ALAN ALLPORT, professor of history, penned Britain at Bay: The Epic Story of the Second World War: 1938-1941 (Knopf Doubleday, 2020), the first of two volumes documenting Great Britain history during the early years of WWII. Allport traces Great Britain’s entrance into the war and its tumultuous path to victory.

GEORGE KALLANDER, associate professor of history, authored an introduction and was the first to translate The Diary of 1636: The Second Manchu Invasion of Korea (Columbia University Press, 2020), a 360-page diary, originally recorded by Korean scholar Na Man’gap (1592-1642). Kallander’s introduction sheds light on early Korean society, military and politics.

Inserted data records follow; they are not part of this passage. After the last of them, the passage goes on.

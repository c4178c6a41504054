-- ===== src/DxilScan/Tests.antt =====
-- proxy/dxil_scan.cpp on a container of one part, that says the shader uses RayQuery.
use dxr11_pascal.Base.{
  ℕ, zero, suc, ◌+◌, ◌*◌, ◌^◌, ◌<◌, ◌≡◌, refl, true, List, [], ◌∷◌, none, some, ltb, if◌then◌else◌,
  get_elem?, arith,
}
use dxr11_pascal.DxilScan.{
  Memory, header_size, count_field, read, part_flags, scan_from, feature_flags, uses_ray_query,
}
use dxr11_pascal.DxilScan.Bounds.{Agree, feature_flags-Agree, HasFlags, feature_flags-HasFlags}

-- Runs every function of the module.
evaluates : ℕ
unfolding read part_flags scan_from feature_flags uses_ray_query
evaluates = 0

abbrev zeros : ℕ → List ℕ → List ℕ
zeros zero rest = rest
zeros (suc n) rest = 0 ∷ zeros n rest

abbrev container : List ℕ
container =
    68
    ∷ 88
    ∷ 66
    ∷ 67
    ∷ zeros 16 (
        1
        ∷ 0
        ∷ 0
        ∷ 0
        ∷ 52
        ∷ 0
        ∷ 0
        ∷ 0
        ∷ 1
        ∷ 0
        ∷ 0
        ∷ 0
        ∷ 36
        ∷ 0
        ∷ 0
        ∷ 0
        ∷ 83
        ∷ 70
        ∷ 73
        ∷ 48
        ∷ 8
        ∷ 0
        ∷ 0
        ∷ 0
        ∷ 0
        ∷ 0
        ∷ 16
        ∷ zeros 5 [])

abbrev sample : Memory
sample i = elim (get_elem? container i) [ none ↦ 0 | some b ↦ b ]

sample_flags : feature_flags (some sample) 52 ≡ 2 ^ 20
unfolding evaluates
sample_flags = refl

sample_uses : uses_ray_query (some sample) 52 ≡ true
unfolding evaluates
sample_uses = refl

-- A caller's size that is too small.
sample_cut : feature_flags (some sample) 51 ≡ 0
unfolding evaluates
sample_cut = refl

sample_positive : 0 < feature_flags (some sample) 52
sample_positive = omega (arith, sample_flags)

-- Memory that differs past the end.
abbrev other_tail : Memory
other_tail i = if ltb i 52 then sample i else 7

other_tail-Agree : Agree 52 sample other_tail
other_tail-Agree i h = ground arith

feature_flags-Agree_example : feature_flags (some sample) 52 ≡ feature_flags (some other_tail) 52
feature_flags-Agree_example = feature_flags-Agree sample other_tail 52 other_tail-Agree

feature_flags-HasFlags_example :
    (k : ℕ) × (k < read sample 4 count_field)
    × HasFlags sample 52 (read sample 4 (header_size + k * 4)) (feature_flags (some sample) 52)
feature_flags-HasFlags_example = feature_flags-HasFlags sample 52 sample_positive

MADONNA HARRINGTON MEYER, University Professor of Sociology, and alumna Ynesse Abdul-Malak ’13 M.A. (Soc)/’17 Ph.D. (Soc) of Colgate University, co-authored Grandparenting Children with Disabilities (Springer, 2020), which examines issues facing grandparents who care for children with disabilities, including risks to their physical and financial well-being. The book uses cumulative inequality theory to assess the link between the number of social programs in the U.S. and the growing need for grandparents to care for children with disabilities.

ELISABETH LASCH­QUINN, professor of history, authored Ars Vitae: The Fate of Inwardness and the Return of the Ancient Arts of Living (Notre Dame Press, 2020), which challenges consumer culture as a means to happiness and well-being with ancient, alternative Greco-Roman philosophies including Cynicism, Platonism, Gnosticism, Stoicism and Epicureanism. The book uses a variety of films, popular culture, manuals and scholarly works to juxtapose America’s consumerism to ancient, philosophical ways of living.

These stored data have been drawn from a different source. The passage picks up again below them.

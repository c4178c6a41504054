-- ===== src/GpuHold.antt =====
-- proxy/gpu_hold.cpp: which GPU work may still read a buffer of the shim's.
-- Pointers (resources, owners, queues) are numbers, 0 the null pointer. A fence value is a
-- number that does not wrap: 2 ^ 64 submissions are out of reach. The mutex makes each
-- function one step; what the driver answers in a step (`Gpu`) is an argument of it.
pub mod Recording
pub mod Coverage
pub mod Holding
pub mod Safety
pub mod Tracking
pub mod Retire
mod Tests
use dxr11_pascal.Base.{
  ℕ, ◌+◌, Bool, true, false, ◌&&◌, ◌||◌, not, List, [], ◌∷◌, ◌++◌, Option, none, some, ltb, leb,
  ◌==◌, if◌then◌else◌, any, keep_if, lookup, insert, erase,
}

pub record Stamp : Type 0 where
  pub res : ℕ
  pub queue : ℕ
  pub fence : ℕ

pub record QueueFence : Type 0 where
  pub created : Bool
  pub value : ℕ

-- `fences` is total: `std::map::operator[]` makes the missing entry, and an entry that is
-- missing reads as one whose fence was not created.
pub record State : Type 0 where
  pub live : List (ℕ × List Stamp)
  pub ending : List Stamp
  pub fences : ℕ → QueueFence

-- The driver at the moment of a call: `GetCompletedValue` of each queue's fence, and whether
-- `GetDevice` with `CreateFence`, and `Signal`, succeed.
pub record Gpu : Type 0 where
  pub completed : ℕ → ℕ
  pub can_create : ℕ → Bool
  pub can_signal : ℕ → Bool

unfoldable pub set_fence : (ℕ → QueueFence) → ℕ → QueueFence → ℕ → QueueFence
set_fence f q v r = if q == r then v else f r

unfoldable pub signal_locked : Gpu → State → ℕ → State × ℕ
unfolding set_fence
signal_locked g s q =
    let qf = s.fences q in
    if not qf.created && not (g.can_create q)
    then (s, 0)
    else if g.can_signal q
    then (
      record s { fences = set_fence s.fences q (record { created = true; value = qf.value + 1 }) },
      qf.value + 1,
    )
    else (record s { fences = set_fence s.fences q (record qf { created = true }) }, 0)

unfoldable pub done_locked : Gpu → State → Stamp → Bool
done_locked g s t = (s.fences t.queue).created && leb t.fence (g.completed t.queue)

-- The stamps that are kept beside their new versions: `extra` in the code.
unfoldable pub extra_stamps : Gpu → State → ℕ → List Stamp → List Stamp
unfolding done_locked
extra_stamps g s q = keep_if λ t. ltb 0 t.fence && (not (t.queue == q) && not (done_locked g s t))

unfoldable pub restamp : ℕ → ℕ → List Stamp → List Stamp
restamp q v [] = []
restamp q v (t ∷ ts) = record t { queue = q; fence = v } ∷ restamp q v ts

unfoldable pub stamp_locked : Gpu → State → ℕ → ℕ → List Stamp → List Stamp
unfolding extra_stamps restamp
stamp_locked g s q v uses = restamp q v uses ++ extra_stamps g s q uses

unfoldable pub end_locked : Gpu → State → ℕ → State
unfolding done_locked
end_locked g s owner = elim (lookup owner s.live) [
  | none ↦ s
  | some uses ↦ record s {
    live = erase owner s.live;
    ending = s.ending ++ keep_if (λ t. ltb 0 t.fence && not (done_locked g s t)) uses;
  }
]

unfoldable pub sweep_locked : Gpu → State → State
unfolding done_locked
sweep_locked g s = record s { ending = keep_if (λ t. not (done_locked g s t)) s.ending }

unfoldable pub uses_res : ℕ → List Stamp → Bool
uses_res r = any λ t. t.res == r

abbrev pub uses_of : ℕ → State → List Stamp
uses_of owner s = elim (lookup owner s.live) [ none ↦ [] | some uses ↦ uses ]

-- `for (s : uses) if (s.res == res) return; uses.push_back(...)`
unfoldable pub add_use : ℕ → List Stamp → List Stamp
unfolding uses_res
add_use r uses =
    if uses_res r uses then uses else uses ++ record { res = r; queue = 0; fence = 0 } ∷ []

unfoldable pub use_of : State → ℕ → ℕ → State
unfolding add_use
use_of s r owner =
    if r == 0 || owner == 0
    then s
    else record s { live = insert owner (add_use r (uses_of owner s)) s.live }

unfoldable pub stamp_owner : Gpu → State → ℕ → ℕ → ℕ → State
unfolding stamp_locked
stamp_owner g s q v o = elim (lookup o s.live) [
  | none ↦ s
  | some uses ↦ record s { live = insert o (stamp_locked g s q v uses) s.live }
]

-- `for (o : owners) if (live.find(o) != end) StampLocked(it->second, queue, value)`
unfoldable pub stamp_owners : Gpu → State → ℕ → ℕ → List ℕ → State
unfolding stamp_owner
stamp_owners g s q v [] = s
stamp_owners g s q v (o ∷ os) = stamp_owners g (stamp_owner g s q v o) q v os

unfoldable pub is_live : State → ℕ → Bool
is_live s o = elim (lookup o s.live) [ none ↦ false | some _ ↦ true ]

-- `Dxr11CommandList::From` of each list that went out: 0 for one that is not wrapped.
unfoldable pub owners_of : (ℕ → ℕ) → List ℕ → List ℕ
owners_of from [] = []
owners_of from (l ∷ ls) = if from l == 0 then owners_of from ls else from l ∷ owners_of from ls

unfoldable pub is_empty {ℓ} : {A : Type ℓ} → List A → Bool
is_empty [] = true
is_empty (x ∷ xs) = false

unfoldable pub stamp_submitted : Gpu → State → ℕ → List ℕ → State
stamp_submitted g s q owners =
    if any (is_live s) owners
    then (let (s', value) = signal_locked g s q in
        if value == 0 then s' else stamp_owners g s' q value owners)
    else s

unfoldable pub after_submit : (ℕ → ℕ) → Gpu → State → ℕ → List ℕ → State
after_submit from g s q lists =
    if q == 0 || is_empty s.live && is_empty s.ending
    then s
    else sweep_locked g (stamp_submitted g s q (owners_of from lists))

unfoldable pub submitted_once : Gpu → State → ℕ → ℕ → State
submitted_once g s q owner = if q == 0 || owner == 0 then s else elim (lookup owner s.live) [
  | none ↦ s
  | some uses ↦
      let (s', value) = signal_locked g s q in
      if value == 0 then s' else end_locked g (stamp_owner g s' q value owner) owner
]

unfoldable pub detach : Gpu → State → ℕ → State
detach g s owner = if owner == 0 then s else end_locked g s owner

unfoldable pub any_live : ℕ → List (ℕ × List Stamp) → Bool
unfolding uses_res
any_live r [] = false
any_live r ((o, uses) ∷ m) = uses_res r uses || any_live r m

-- `DXR_TIER11_NOHOLD`, which the tests set to see the check fail, is the first argument.
unfoldable pub busy : Bool → Gpu → State → ℕ → Bool
unfolding any_live done_locked
busy no_hold g s r =
    if r == 0 || no_hold
    then false
    else any_live r s.live || any (λ t. t.res == r && not (done_locked g s t)) s.ending

pub data Op : Type 0 where
  uses_op : ℕ → ℕ → Op
  submits_op : ℕ → List ℕ → Op
  once_op : ℕ → ℕ → Op
  detach_op : ℕ → Op

-- One call of the module, by what the driver answers during it.
unfoldable pub step : (ℕ → ℕ) → Gpu → State → Op → State
step from g s (uses_op r owner) = use_of s r owner
step from g s (submits_op q lists) = after_submit from g s q lists
step from g s (once_op q owner) = submitted_once g s q owner
step from g s (detach_op owner) = detach g s owner

unfoldable pub run : (ℕ → ℕ) → State → List (Gpu × Op) → State
run from s [] = s
run from s ((g, op) ∷ ops) = run from (step from g s op) ops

LAMIS ABDELAATY, assistant professor of political science, penned Discrimination and Delegation: Explaining State Responses to Refugees (Oxford University Press, 2020), examining the complex dimensions of refugee policy in relation to state sovereignty and human rights in refugee receiving countries. The book demonstrates that refugee affairs are frequently re-directed to the United Nations when refugees are not the ethnic kin of rival states.

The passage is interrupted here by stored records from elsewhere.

-- ===== src/GpuHold/Recording.antt =====
-- proxy/gpu_hold.cpp: the stamps that stand for a submission, through each operation.
use dxr11_pascal.Base.{
  ℕ, ◌≤◌, ◌<◌, ◌≡◌, ◌⊎◌, inl, inr, Bool, true, false, ◌&&◌, ◌||◌, not, List, [], ◌∷◌, none, some,
  arith, ltb, leb, ◌==◌, any, keep_if, any-append, lookup, insert, erase, erase_absent, Distinct,
  Option-cases, Bool-cases,
}
use dxr11_pascal.GpuHold.{
  Stamp, State, Gpu, signal_locked, done_locked, extra_stamps, restamp, stamp_locked, end_locked,
  sweep_locked, uses_res, uses_of, use_of, stamp_owners, stamp_owner, add_use,
}

-- A stamp that stands for the use of `r` by work that passed `v` on queue `q`, or by later work.
unfoldable pub covers : ℕ → ℕ → ℕ → Stamp → Bool
covers r q v t = t.res == r && (t.queue == q && leb v t.fence)

unfoldable pub live_any : (Stamp → Bool) → List (ℕ × List Stamp) → Bool
live_any c [] = false
live_any c ((o, uses) ∷ m) = any c uses || live_any c m

-- The use of `r` that went out under fence value `v` of queue `q` has passed, or is recorded.
unfoldable pub recorded : Gpu → State → ℕ → ℕ → ℕ → Bool
unfolding live_any
recorded g s r q v =
    leb v (g.completed q) || (live_any (covers r q v) s.live || any (covers r q v) s.ending)

live_any-insert :
    (c : Stamp → Bool) (o : ℕ) (new uses : List Stamp) (m : List (ℕ × List Stamp))
    → lookup o m ≡ some uses
    → (any c uses ≡ true → any c new ≡ true)
    → live_any c m ≡ true
    → live_any c (insert o new m) ≡ true
unfolding live_any insert lookup
live_any-insert c o new uses [] e h k = cc
live_any-insert c o new uses ((p, us) ∷ m) e h k = ground (arith, live_any-insert c o new uses m)

live_any-insert_absent :
    (c : Stamp → Bool) (o : ℕ) (new : List Stamp) (m : List (ℕ × List Stamp))
    → lookup o m ≡ none
    → live_any c m ≡ true
    → live_any c (insert o new m) ≡ true
unfolding live_any insert lookup
live_any-insert_absent c o new [] e k = cc
live_any-insert_absent c o new ((p, us) ∷ m) e k = ground (arith, live_any-insert_absent c o new m)

live_any-erase :
    (c : Stamp → Bool) (o : ℕ) (uses : List Stamp) (m : List (ℕ × List Stamp))
    → Distinct m
    → lookup o m ≡ some uses
    → live_any c m ≡ true
    → (any c uses || live_any c (erase o m)) ≡ true
unfolding live_any erase lookup
live_any-erase c o uses [] d e k = cc
live_any-erase c o uses ((p, us) ∷ m) d e k =
    ground (arith, live_any-erase c o uses m d.1, erase_absent o m)

-- Stamping keeps what is recorded: at the same queue by the newer value, at another queue by
-- the copy that is kept while it has not passed.
any-stamp_parts :
    (g : Gpu) (s : State) (r q v p w : ℕ) (uses : List Stamp)
    → ((q == p) ≡ false) ⊎ (v ≤ w)
    → 0 < v
    → leb v (g.completed q) ≡ false
    → any (covers r q v) uses ≡ true
    → (any (covers r q v) (restamp p w uses) || any (covers r q v) (extra_stamps g s p uses)) ≡ true
unfolding restamp extra_stamps covers
any-stamp_parts g s r q v p w [] le pos nd h = cc
any-stamp_parts g s r q v p w (t ∷ ts) le pos nd h =
    ground (arith, any-stamp_parts g s r q v p w ts)

pub any-stamp_locked :
    (g : Gpu) (s : State) (r q v p w : ℕ) (uses : List Stamp)
    → ((q == p) ≡ false) ⊎ (v ≤ w)
    → 0 < v
    → leb v (g.completed q) ≡ false
    → any (covers r q v) uses ≡ true
    → any (covers r q v) (stamp_locked g s p w uses) ≡ true
unfolding stamp_locked
any-stamp_locked g s r q v p w uses le pos nd h =
    rw (any-append (covers r q v) (restamp p w uses) (extra_stamps g s p uses))
      (any-stamp_parts g s r q v p w uses le pos nd h)

-- A covering stamp that has not passed is never dropped by the filters.
any-not_done :
    (g : Gpu) (s : State) (r q v : ℕ) (ts : List Stamp)
    → leb v (g.completed q) ≡ false
    → any (covers r q v) ts ≡ true
    → any (covers r q v) (keep_if (λ t. not (done_locked g s t)) ts) ≡ true
unfolding done_locked covers
any-not_done g s r q v [] nd h = cc
any-not_done g s r q v (t ∷ ts) nd h = ground (arith, any-not_done g s r q v ts)

any-ended :
    (g : Gpu) (s : State) (r q v : ℕ) (ts : List Stamp)
    → 0 < v
    → leb v (g.completed q) ≡ false
    → any (covers r q v) ts ≡ true
    → any (covers r q v) (keep_if (λ t. ltb 0 t.fence && not (done_locked g s t)) ts) ≡ true
unfolding done_locked covers
any-ended g s r q v [] pos nd h = cc
any-ended g s r q v (t ∷ ts) pos nd h = ground (arith, any-ended g s r q v ts)

-- What is recorded does not depend on the fences; a signal only raises a queue's counter.
pub signal_locked_lem :
    (g : Gpu) (s : State) (p q : ℕ)
    → ((signal_locked g s p).0.live ≡ s.live)
      × ((signal_locked g s p).0.ending ≡ s.ending)
      × ((s.fences q).value ≤ ((signal_locked g s p).0.fences q).value)
      × (((signal_locked g s p).1 ≡ 0) ⊎ ((s.fences p).value < (signal_locked g s p).1))
      × (((signal_locked g s p).1 ≡ 0)
          ⊎ ((signal_locked g s p).1 ≡ ((signal_locked g s p).0.fences p).value))
unfolding signal_locked
signal_locked_lem g s p q = ground arith

pub recorded-end_locked :
    (g : Gpu) (s : State) (o r q v : ℕ)
    → Distinct s.live
    → 0 < v
    → recorded g s r q v ≡ true
    → recorded g (end_locked g s o) r q v ≡ true
unfolding recorded end_locked
recorded-end_locked g s o r q v d pos h = elim (Option-cases (lookup o s.live)) [
  | inl e ↦ rw (e, end_locked) h
  | inr (uses, e) ↦
      let kept = keep_if (λ t. ltb 0 t.fence && not (done_locked g s t)) uses in
      rw (e, end_locked)
        (ground (
          arith,
          any-append (covers r q v) s.ending kept,
          any-ended g s r q v uses,
          live_any-erase (covers r q v) o uses s.live d e,
        ))
]

pub recorded-sweep_locked :
    (g : Gpu) (s : State) (r q v : ℕ)
    → recorded g s r q v ≡ true
    → recorded g (sweep_locked g s) r q v ≡ true
unfolding recorded sweep_locked
recorded-sweep_locked g s r q v h = ground (arith, any-not_done g s r q v s.ending)

-- Replacing an owner's uses keeps what is recorded, if the new uses cover what the old did.
pub recorded-insert :
    (g : Gpu) (s : State) (o r q v : ℕ) (uses new : List Stamp)
    → lookup o s.live ≡ some uses
    → (leb v (g.completed q) ≡ false
        → any (covers r q v) uses ≡ true
        → any (covers r q v) new ≡ true)
    → recorded g s r q v ≡ true
    → recorded g (record s { live = insert o new s.live }) r q v ≡ true
unfolding recorded
recorded-insert g s o r q v uses new e keep h = elim (Bool-cases (leb v (g.completed q))) [
  | inl past ↦ ground arith
  | inr ahead ↦ ground (arith, live_any-insert (covers r q v) o new uses s.live e (keep ahead))
]

any-add_use :
    (c : Stamp → Bool) (u : ℕ) (uses : List Stamp)
    → any c uses ≡ true
    → any c (add_use u uses) ≡ true
unfolding add_use
any-add_use c u uses h =
    ground (arith, any-append c uses (record { res = u; queue = 0; fence = 0 } ∷ []))

pub recorded-use_of :
    (g : Gpu) (s : State) (u o r q v : ℕ)
    → recorded g s r q v ≡ true
    → recorded g (use_of s u o) r q v ≡ true
unfolding recorded use_of
recorded-use_of g s u o r q v h = ground (
  arith,
  any-add_use (covers r q v) u (uses_of o s),
  live_any-insert_absent (covers r q v) o (add_use u []) s.live,
  live_any-insert (covers r q v) o (add_use u (uses_of o s)) (uses_of o s) s.live,
)

pub recorded-stamp_owner :
    (g : Gpu) (s : State) (p w o r q v : ℕ)
    → ((q == p) ≡ false) ⊎ (v ≤ w)
    → 0 < v
    → recorded g s r q v ≡ true
    → recorded g (stamp_owner g s p w o) r q v ≡ true
unfolding stamp_owner
recorded-stamp_owner g s p w o r q v le pos h = elim (Option-cases (lookup o s.live)) [
  | inl e ↦ rw (e, stamp_owner) h
  | inr (uses, e) ↦
      rw (e, stamp_owner)
        (recorded-insert g s o r q v uses _ e (λ nd. any-stamp_locked g s r q v p w uses le pos nd)
          h)
]

pub recorded-stamp_owners :
    (g : Gpu) (p w r q v : ℕ) (s : State) (owners : List ℕ)
    → ((q == p) ≡ false) ⊎ (v ≤ w)
    → 0 < v
    → recorded g s r q v ≡ true
    → recorded g (stamp_owners g s p w owners) r q v ≡ true
unfolding stamp_owners
recorded-stamp_owners g p w r q v s [] le pos h = h
recorded-stamp_owners g p w r q v s (o ∷ os) le pos h =
    recorded-stamp_owners g p w r q v (stamp_owner g s p w o) os le pos
      (recorded-stamp_owner g s p w o r q v le pos h)

-- Does `owner` hold a use of `r`?
unfoldable pub has_use : State → ℕ → ℕ → Bool
has_use s o r = elim (lookup o s.live) [ none ↦ false | some uses ↦ uses_res r uses ]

JUNKO TAKEDA, professor of history and Daicoff Faculty Scholar, authored Iran and a French Empire of Trade, 1700-1808: The Other Persian Letters (Oxford University Press, 2020). It explores how early 18th-century trans-imperial trade between France and Persia worsened tensions between India, Russia, Turkey and Persia, and the effects of climate change and resource security in these regions. The book uses a macro lens to detail underexplored relations between 18th-century Asian politics and France.

CHRISTOPHER FARICY, associate professor of political science, and Bucknell University Professor Christopher Ellis penned The Other Side of the Coin: Public Opinion toward Social Tax Expenditures (Russell Sage Foundation, 2020), comparing U.S. economic expansion in 2019 to the Gilded Age where record low unemployment was accompanied by a higher wage gap. The book illustrates that Americans prefer indirect government assistance, such as tax subsidies because direct government intervention, such as Medicare for All, is perceived as “big government” overreach.